### What you need to do:
Where a line below holds the string "linked", copy that line.

Start of Exercise material

-- ===== src/Storage/BTree/Insert/Place.antt =====
-- A new key put into a node with room: the node holds the items with the new one among them.
use negentropy.Prelude.{
  ℕ, suc, ◌+◌, ◌<◌, ◌≡◌, ◌≢◌, refl, ap, sym, ◌∙◌, Bool, true, false, Bytes, List, [], ◌∷◌, ◌++◌,
  drop, length, length-append, length-drop, arith, All, ◌⊎◌,
}
use mathlib.Core.Path.{subst}
use negentropy.Prelude.Results.{ok}
use negentropy.Types.{Item, IsItem}
use negentropy.Accumulator.{add, accum_from}
use negentropy.Accumulator.Value.{IsBuffer}
use negentropy.Storage.Vector.{insert_sorted}
use negentropy.Storage.Vector.Contract.{length-insert_sorted}
use negentropy.Storage.Ordered.{accum_from-insert_sorted}
use negentropy.Storage.BTree.{Limits, Key, Node, NodePtr, node_ptr, overlay, NodeStore}
use negentropy.Storage.BTree.Search.{Breadcrumb}
use negentropy.Storage.BTree.Shape.{Slots, Counts, Level, First, Agrees}
use negentropy.Storage.BTree.Laws.{StoreLaws}
use negentropy.Storage.BTree.Changes.{
  Sound, Change, write_Change, read_same, Agrees-same, read_other,
}
use negentropy.Storage.BTree.Insert.{merge_key, put_key, insert_step, add_to_accum}
use negentropy.Storage.BTree.Insert.Steps.{Fixes, take-Slots, bumped, bump_step, put_step}

pub length-merge_key :
    (key : Key) (keys : List Key) → length (merge_key key keys) ≡ suc (length keys)
unfolding merge_key
length-merge_key key [] = refl
length-merge_key key (k ∷ ks) = ground (arith, length-merge_key key ks)

-- What is the same for leaves and inner nodes.
pub record Layer {M : Type 0} (s : NodeStore M) (l : Limits)
    (Body : (ℕ → NodePtr) → List Key → List Item → List ℕ → Type 0) : Type 1 where
  pub Loose : Key → Item → Type 0
  pub fixes :
      (m : M) (k : Key) (f : Item) (ks : List Key) (xs : List Item) (below : List ℕ)
      → Loose k f
      → Body (s.read m) (record k { item = f } ∷ ks) xs below
      → Fixes (s.read m) k f
  pub first :
      (m : M) (k : Key) (ks : List Key) (xs : List Item) (below : List ℕ)
      → Body (s.read m) (k ∷ ks) xs below
      → First k.item xs
  pub move :
      (read read' : ℕ → NodePtr) (keys : List Key) (xs : List Item) (below : List ℕ)
      → All (Agrees read read') below
      → Body read keys xs below
      → Body read' keys xs below
  pub sums :
      (m : M) (keys : List Key) (xs : List Item) (below : List ℕ) (acc : Bytes) (c : ℕ)
      → Body (s.read m) keys xs below
      → IsBuffer acc
      → All IsItem xs
      → add_to_accum s l m keys (acc, c) ≡ ok (accum_from acc xs, c + length xs)
  pub sums_first :
      (m : M) (k : Key) (f : Item) (ks : List Key) (xs : List Item) (below : List ℕ) (acc : Bytes)
      (c : ℕ)
      → Loose k f
      → Body (s.read m) (record k { item = f } ∷ ks) xs below
      → IsBuffer acc
      → All IsItem xs
      → add_to_accum s l m (k ∷ ks) (acc, c) ≡ ok (accum_from acc xs, c + length xs)
  pub split :
      (read : ℕ → NodePtr) (ks ks' : List Key) (xs : List Item) (below : List ℕ)
      → Body read (ks ++ ks') xs below
      → (ys : List Item) × (zs : List Item) × (is : List ℕ) × (js : List ℕ) × (xs ≡ ys ++ zs)
        × (below ≡ is ++ js)
        × Body read ks ys is
        × Body read ks' zs js

-- what a node counts and adds up with one more item
pub more-Counts :
    (v : Item) (xs : List Item) (node node' : Node)
    → IsItem v
    → All IsItem xs
    → Counts node xs
    → node'.accum_count ≡ node.accum_count + 1
    → node'.accum ≡ add node.accum v.id
    → Counts node' (insert_sorted v xs)
more-Counts v xs node node' hv hx c n a = record {
  count = omega (arith, n, c.count, length-insert_sorted v xs);
  total = a ∙ ap (λ (t : Bytes). add t v.id) c.total ∙ sym (accum_from-insert_sorted v xs hv hx);
}

module _ {M : Type 0} (s : NodeStore M) (l : Limits) (law : StoreLaws l s)
    (Body : (ℕ → NodePtr) → List Key → List Item → List ℕ → Type 0) (layer : Layer s l Body)
    (v : Item) (crumb : Breadcrumb) (m : M) (sound : Sound s l law m) (node : Node)
    (found : s.read m crumb.node_id ≡ node_ptr crumb.node_id node) (keys : List Key)
    (slots : Slots l node keys) (xs : List Item) (counts : Counts node xs) (hv : IsItem v)
    (hx : All IsItem xs) where
  -- the store with a node of the same siblings in the place of this one
  rewritten :
      (n : Node)
      → n.next_sibling ≡ node.next_sibling
      → Change s l law m (s.write crumb.node_id n m) (crumb.node_id ∷ [])
  rewritten n same = write_Change s l law m crumb.node_id n node sound.valid found sound.linked (
      subst (λ (id : ℕ). (id ≡ 0) ⊎ ((a : Node) × (s.read m id ≡ node_ptr id a))) (sym same)
        (sound.linked crumb.node_id node found))

  -- A node whose keys and counts are right is a level of the tree in the store with it.
  pub Level-at :
      (n : Node) (ks : List Key) (ys : List Item) (below : List ℕ)
      → Slots l n ks
      → 0 < length ks
      → Counts n ys
      → Body (s.read m) ks ys below
      → All (λ i. i ≢ crumb.node_id) below
      → Level l
          (s.read (s.write crumb.node_id n m))
          (Body (s.read (s.write crumb.node_id n m)))
          crumb.node_id
          ys
          (crumb.node_id ∷ below)
  Level-at n ks ys below sl some_key c body apart = record {
    node = n;
    keys = ks;
    below = below;
    found = read_same s l law m crumb.node_id n node sound.valid found;
    slots = sl;
    some_key = some_key;
    counts = c;
    own = refl;
    body =
        layer.move (s.read m) (s.read (s.write crumb.node_id n m)) ks ys below (agree below apart)
          body;
  }
    where
      agree :
          (is : List ℕ)
          → All (λ i. i ≢ crumb.node_id) is
          → All (Agrees (s.read m) (s.read (s.write crumb.node_id n m))) is
      agree [] a = tt
      agree (i ∷ is) a = (
        Agrees-same (s.read m) (s.read (s.write crumb.node_id n m)) i
            (read_other s l law m crumb.node_id n node sound.valid found i a.0),
        agree is a.1,
      )

  -- the outcome of a step that leaves nothing to merge
  pub record Settled (key : Key) (from : Bool) (below : List ℕ) : Type 0 where
    pub store : M
    pub stepped :
        insert_step s l v crumb (record { store = m; new_key = key; needs_merge = from })
        ≡ ok (record { store = store; new_key = key; needs_merge = false })
    pub change : Change s l law m store (crumb.node_id ∷ [])
    pub same_next : law.next store ≡ law.next m
    pub level :
        Level l
          (s.read store)
          (Body (s.read store))
          crumb.node_id
          (insert_sorted v xs)
          (crumb.node_id ∷ below)

  module _ (k : Key) (t : List Key) (f : Item) (below : List ℕ) (loose : layer.Loose k f)
      (body : Body (s.read m) (record k { item = f } ∷ t) (insert_sorted v xs) below)
      (apart : All (λ i. i ≢ crumb.node_id) below) where
    -- Below this node nothing is left to merge.
    pub bump_Settled : (key : Key) → keys ≡ k ∷ t → Settled key false below
    unfolding bumped
    bump_Settled key e =
        let items : node.items ≡ k ∷ (t ++ slots.rest) =
          slots.used ∙ ap (λ (ks : List Key). ks ++ slots.rest) e in
        let n : Node = record (bumped s l v crumb m node found) {
          items = record k { item = f } ∷ (t ++ slots.rest);
        } in
        record {
          store = s.write crumb.node_id n m;
          stepped =
              bump_step s l v crumb m node found key k (t ++ slots.rest) f items
                (layer.fixes m k f t (insert_sorted v xs) below loose body);
          change = rewritten n refl;
          same_next = law.next-write m crumb.node_id n;
          level =
              Level-at n (record k { item = f } ∷ t) (insert_sorted v xs) below
                (record {
                  rest = slots.rest;
                  used = refl;
                  full = slots.full ∙ ap length e;
                  room = omega (arith, ap length items, slots.room);
                  within = omega (arith, ap length e, slots.within);
                })
                (omega arith) (more-Counts v xs node n hv hx counts refl refl) body apart;
        }

    -- There is room for the key from below.
    pub put_Settled :
        (key : Key)
        → merge_key key keys ≡ k ∷ t
        → length keys < l.max_items
        → Settled key true below
    unfolding put_key
    put_Settled key e h =
        let rest : List Key = drop (0 + suc (length t)) node.items in
        let items : (put_key s l key v node).items ≡ k ∷ (t ++ rest) =
          ap (λ (ks : List Key). overlay 0 ks node.items)
            (ap (merge_key key) (take-Slots slots) ∙ e) in
        let n : Node = record (put_key s l key v node) {
          items = record k { item = f } ∷ (t ++ rest);
        } in
        record {
          store = s.write crumb.node_id n m;
          stepped =
              put_step s l v crumb m node found key k (t ++ rest) f (omega (arith, slots.full))
                items (layer.fixes m k f t (insert_sorted v xs) below loose body);
          change = rewritten n refl;
          same_next = law.next-write m crumb.node_id n;
          level =
              Level-at n (record k { item = f } ∷ t) (insert_sorted v xs) below
                (record {
                  rest = rest;
                  used = refl;
                  full = omega (arith, slots.full, ap length e, length-merge_key key keys);
                  room = omega (
                    arith,
                    length-append t rest,
                    length-drop (0 + suc (length t)) node.items,
                    slots.room,
                    slots.within,
                    ap length e,
                    length-merge_key key keys,
                  );
                  within = omega (arith, ap length e, length-merge_key key keys);
                })
                (omega arith) (more-Counts v xs node n hv hx counts refl refl) body apart;
        }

End of Exercise material

### Output:
  rewritten n same = write_Change s l law m crumb.node_id n node sound.valid found sound.linked (
        (sound.linked crumb.node_id node found))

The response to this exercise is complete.